What should you tell a sommelier?
Tell them what wine you normally drink at home. That gives useful clues about your style preferences, price range, body, sweetness, and comfort zone.
Are expensive wines always better with food?
No. The episode explains that humble, country-style wines often work better with food than highly rated trophy wines.
What is the biggest lesson from this episode?
The biggest lesson is that wine should support the experience. Whether in a fine-dining restaurant or at home, the right wine should make the food and the moment more enjoyable.

What are some specific wines that pair well with Mediterranean food? I'm planning a dinner party and want to impress my guests!
Good question! I’ve had success with a light, crisp Sauvignon Blanc or a nice Vermentino. They really complement the freshness of Mediterranean dishes.
Great suggestions! Additionally, consider trying a Rosé or a Pinot Grigio, as they also work well with a variety of Mediterranean flavors.
I've always enjoyed the wine pairing experience at fine-dining restaurants. One memorable dinner was at a local French restaurant where the sommelier recommended a beautiful Chablis with my seafood dish. It was amazing how the wine elevated the flavors! Does anyone else have a memorable pairing experience?
Absolutely! I had a fantastic experience with a Sauternes at a chef's tasting menu. It was paired with a foie gras and really brought out the richness. Totally unforgettable!
Can anyone explain the concept of 'What grows together goes together'? I’ve heard it before but would love more context.
'What grows together goes together' refers to the idea that food and wine from the same region typically complement each other well. For instance, regional wines pair wonderfully with local cuisine, enhancing the overall dining experience.
I don't agree that lower-scoring wines can often be better with food. Sometimes, a well-rated wine offers depth and complexity that humble wines just can't match.
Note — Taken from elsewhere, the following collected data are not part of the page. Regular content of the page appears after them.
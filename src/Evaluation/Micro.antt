-- ===== src/Evaluation/Micro.antt =====
-- The two ways of `multilabel_multiclass_evaluation` to reach the counts of the micro average.
use caikit.Common.{
  ℕ, String, Bool, true, false, not, ◌&&◌, ◌||◌, Option, none, some, List, [], ◌∷◌, ◌++◌, map,
  length, filter, contains, all, contains-append, contains-filter, Eq, if◌then◌else◌, string_eq,
  nat_eq, ◌==◌, beq_refl, beq→eq, Bool-cases, Option-cases, inl, inr, ◌≡◌, refl, ap, sym, ◌∙◌,
  arith, nat_beq_iff,
}
use caikit.Common.Dict
use caikit.Evaluation.Defs.{F1Metrics, no_counts, Matrix}
use caikit.Evaluation.Multilabel.{
  to_set, intersection, difference, union, compare_sets, add_counts, add_label, Counts,
  count_labels, all_labels, find_labels, count_multi, count_multis, zip_examples, restrict,
  multilabel_counts,
}
use caikit.Evaluation.Totals.{
  contains-to_set, to_set-distinct, to_set-filter, intersection-filter, difference-filter, sum_over,
  with_label, sum_over-with_label,
}

-- The sum of the counts of all classes.
unfoldable pub total : Matrix → F1Metrics
unfolding add_counts
total [] = no_counts
total ((l, c) ∷ m) = add_counts c (total m)

total-put_new :
    (l : String) (c : F1Metrics) (m : Matrix)
    → Dict.get m l ≡ none
    → total (Dict.put m l c) ≡ add_counts (total m) c
unfolding total Dict.get Dict.put
total-put_new l c [] h = ground arith
total-put_new l c ((k, d) ∷ m) h = ground (arith, total-put_new l c m)

total-put_old :
    (l : String) (c d : F1Metrics) (m : Matrix)
    → Dict.get m l ≡ some d
    → total (Dict.put m l (add_counts d c)) ≡ add_counts (total m) c
unfolding total Dict.get Dict.put
total-put_old l c d [] h = absurd (ground arith)
total-put_old l c d ((k, b) ∷ m) h = ground (arith, total-put_old l c d m)

add_counts-zero : (c : F1Metrics) → add_counts no_counts c ≡ c
unfolding add_counts
add_counts-zero c = ground arith

total-add_label :
    (l : String) (c : F1Metrics) (m : Matrix) → total (add_label l c m) ≡ add_counts (total m) c
unfolding add_label
total-add_label l c m = elim (Option-cases (Dict.get m l)) [
  | inl h ↦ ground (arith, h, total-put_new l (add_counts no_counts c) m h, add_counts-zero c)
  | inr (d, h) ↦ ground (arith, h, total-put_old l c d m h)
]

-- The counts of several labels together.
abbrev sum_counts : List String → (String → F1Metrics) → F1Metrics
sum_counts [] h = no_counts
sum_counts (l ∷ ls) h = add_counts (h l) (sum_counts ls h)

sum_counts-parts :
    (ls : List String) (h : String → F1Metrics) (a b c : String → ℕ) (n : F1Metrics)
    → ((l : String)
        → h l ≡ record { true_positive = a l; false_positive = b l; false_negative = c l })
    → sum_over ls a ≡ n.true_positive
    → sum_over ls b ≡ n.false_positive
    → sum_over ls c ≡ n.false_negative
    → sum_counts ls h ≡ n
unfolding add_counts
sum_counts-parts [] h a b c n p x y z = ground (arith, x, y, z)
sum_counts-parts (l ∷ ls) h a b c n p x y z = ground (
  arith,
  p l,
  x,
  y,
  z,
  sum_counts-parts ls h a b c
      (record {
        true_positive = sum_over ls a;
        false_positive = sum_over ls b;
        false_negative = sum_over ls c;
      })
      p refl refl refl,
)

module _ {A : Type 0} ⦃e : Eq A⦄ where
  all_of :
      (p : A → Bool) (xs : List A) → ((x : A) → contains x xs ≡ true → p x ≡ true) → all p xs ≡ true
  all_of p [] h = refl
  all_of p (x ∷ xs) h =
      ground (arith, h x, beq_refl x, all_of p xs (λ y c. h y (ground (arith, c))))

  contains-map :
      (label : A → String) (x : A) (xs : List A)
      → contains x xs ≡ true
      → contains (label x) (map label xs) ≡ true
  contains-map label x [] h = absurd (ground arith)
  contains-map label x (y ∷ xs) h = elim (Bool-cases (y == x)) [
    | inl q ↦ ground (arith, ap (λ z. label z == label x) (beq→eq q), beq_refl (label x))
    | inr q ↦ ground (arith, contains-map label x xs)
  ]

add_zero : (c : F1Metrics) → c ≡ add_counts c no_counts
unfolding add_counts
add_zero c = ground arith

add_counts_assoc :
    (a b c : F1Metrics) → add_counts (add_counts a b) c ≡ add_counts a (add_counts b c)
unfolding add_counts
add_counts_assoc a b c = ground arith

module _ {T : Type 0} ⦃e : Eq T⦄ (label_data : List T → String → List T) (label : T → String)
    (labelled : (xs : List T) (l : String) → label_data xs l ≡ filter (λ x. label x == l) xs) where
  counts_of : List T → List T → String → F1Metrics
  counts_of gold pred l = compare_sets (to_set (label_data gold l)) (to_set (label_data pred l))

  total-count_labels :
      (gold pred : List T) (ls : List String) (m : Matrix)
      → total (count_labels label_data gold pred ls m)
        ≡ add_counts (total m) (sum_counts ls (counts_of gold pred))
  unfolding count_labels counts_of
  total-count_labels gold pred [] m = add_zero (total m)
  total-count_labels gold pred (l ∷ ls) m =
      total-count_labels gold pred ls (add_label l (counts_of gold pred l) m)
      ∙ ap (λ t. add_counts t (sum_counts ls (counts_of gold pred)))
          (total-add_label l (counts_of gold pred l) m)
      ∙ add_counts_assoc (total m) (counts_of gold pred l) (sum_counts ls (counts_of gold pred))

  set_of_label :
      (xs : List T) (l : String) → to_set (label_data xs l) ≡ with_label label (to_set xs) l
  unfolding with_label
  set_of_label xs l = ap to_set (labelled xs l) ∙ to_set-filter (λ x. label x == l) xs

  counts_of-parts :
      (gold pred : List T) (l : String)
      → counts_of gold pred l ≡ record {
        true_positive = length (with_label label (intersection (to_set gold) (to_set pred)) l);
        false_positive = length (with_label label (difference (to_set pred) (to_set gold)) l);
        false_negative = length (with_label label (difference (to_set gold) (to_set pred)) l);
      }
  unfolding counts_of compare_sets with_label
  counts_of-parts gold pred l =
      rw (set_of_label gold l, set_of_label pred l)
        (rw
          (
            intersection-filter (λ x. label x == l) (to_set gold) (to_set pred),
            difference-filter (λ x. label x == l) (to_set pred) (to_set gold),
            difference-filter (λ x. label x == l) (to_set gold) (to_set pred),
          )
          refl)

  labels_of : List T → List T → List String
  labels_of gold pred = union (to_set (map label gold)) (to_set (map label pred))

  labels_of-contains :
      (gold pred : List T) (x : T)
      → (contains x gold || contains x pred) ≡ true
      → contains (label x) (labels_of gold pred) ≡ true
  unfolding labels_of union
  labels_of-contains gold pred x h = ground (
    arith,
    contains-to_set (label x) (to_set (map label gold) ++ to_set (map label pred)),
    contains-append (label x) (to_set (map label gold)) (to_set (map label pred)),
    contains-to_set (label x) (map label gold),
    contains-to_set (label x) (map label pred),
    contains-map label x gold,
    contains-map label x pred,
  )

  -- A part of the data counts in full over the labels of the example.
  sum_over-part :
      (gold pred part : List T)
      → ((x : T) → contains x part ≡ true → (contains x gold || contains x pred) ≡ true)
      → sum_over (labels_of gold pred) (λ l. length (with_label label part l)) ≡ length part
  unfolding labels_of union
  sum_over-part gold pred part h =
      sum_over-with_label label (labels_of gold pred) part
        (to_set-distinct (to_set (map label gold) ++ to_set (map label pred)))
        (all_of (λ x. contains (label x) (labels_of gold pred)) part
          (λ x c. labels_of-contains gold pred x (h x c)))

  sum_counts-labels_of :
      (gold pred : List T)
      → sum_counts (labels_of gold pred) (counts_of gold pred)
        ≡ compare_sets (to_set gold) (to_set pred)
  unfolding compare_sets intersection difference
  sum_counts-labels_of gold pred =
      let g = to_set gold in
      let p = to_set pred in
      sum_counts-parts (labels_of gold pred) (counts_of gold pred)
        (λ l. length (with_label label (intersection g p) l))
        (λ l. length (with_label label (difference p g) l))
        (λ l. length (with_label label (difference g p) l)) (compare_sets g p)
        (counts_of-parts gold pred)
        (sum_over-part gold pred (intersection g p) (λ x c.
          ground (arith, c, contains-filter (λ y. contains y p) x g, contains-to_set x gold)))
        (sum_over-part gold pred (difference p g) (λ x c.
          ground (arith, c, contains-filter (λ y. not (contains y g)) x p, contains-to_set x pred)))
        (sum_over-part gold pred (difference g p) (λ x c.
          ground (arith, c, contains-filter (λ y. not (contains y p)) x g, contains-to_set x gold)))

  -- What the loop over the examples keeps.
  abbrev Agrees : Counts → Type 0
  Agrees c = (total c.matrix ≡ c.overall) × (c.use_labels ≡ false)

  count_multi-Agrees :
      (gold pred : List T) (c : Counts)
      → Agrees c
      → Agrees (count_multi label_data (some label) gold pred c)
  unfolding count_multi all_labels find_labels labels_of
  count_multi-Agrees gold pred c (h, n) = (
    total-count_labels gold pred (labels_of gold pred) c.matrix
        ∙ (λ i. add_counts (h i) (sum_counts-labels_of gold pred i))
        ∙ ap
            (λ b.
              if b && true
              then c.overall
              else add_counts c.overall (compare_sets (to_set gold) (to_set pred)))
            (sym n),
    ap (λ b. b && true) n,
  )

  count_multis-Agrees :
      (exs : List (List T × List T)) (c : Counts)
      → Agrees c
      → Agrees (count_multis label_data (some label) exs c)
  unfolding count_multis
  count_multis-Agrees [] c h = h
  count_multis-Agrees ((gold, pred) ∷ exs) c h =
      count_multis-Agrees exs (count_multi label_data (some label) gold pred c)
        (count_multi-Agrees gold pred c h)

  restrict-some :
      (labels : Option (List String)) (exs : List (List T))
      → (exs' : List (List T)) × (restrict label_data labels (some label) exs ≡ some exs')
  unfolding restrict
  restrict-some none exs = (exs, refl)
  restrict-some (some []) exs = (exs, refl)
  restrict-some (some (l ∷ ls)) exs = (_, refl)

  -- The two ways to the counts of the micro average agree. Where the data of a label are those that
  -- `find_label_func` gives the label, and as many examples are predicted as there are gold ones,
  -- multi-label evaluation that does not match by labels succeeds, and the true positives, false
  -- positives and false negatives of all classes add up to those that it counts on the data as a whole.
  pub multilabel_counts-total :
      (labels : Option (List String)) (gold pred : List (List T))
      → length gold ≡ length pred
      → (c : Counts) × (multilabel_counts label_data (some label) labels false gold pred ≡ some c)
        × (total c.matrix ≡ c.overall)
  unfolding multilabel_counts total
  multilabel_counts-total labels gold pred h =
      let (gold', g) = restrict-some labels gold in
      let (pred', p) = restrict-some labels pred in
      let start : Counts = record { matrix = []; overall = no_counts; use_labels = false } in
      let exs = zip_examples label_data gold' pred' in
      (
        count_multis label_data (some label) exs start,
        rw ((nat_beq_iff (length gold) (length pred)).1 h, g, p) refl,
        (count_multis-Agrees exs start (refl, refl)).0,
      )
I can see your point, but I think it depends on the food. Sometimes simpler wines make for a more enjoyable meal.
How do I choose a good wine for a casual dinner? I always feel overwhelmed by the options!
Start by considering the main dish. A medium-bodied red like a Pinot Noir or a light white like a Chardonnay usually works well for various meals. Don't hesitate to ask for recommendations at the store!
I really appreciate how wine can enhance the dining experience. It’s not just about the drink; it’s about the entire atmosphere!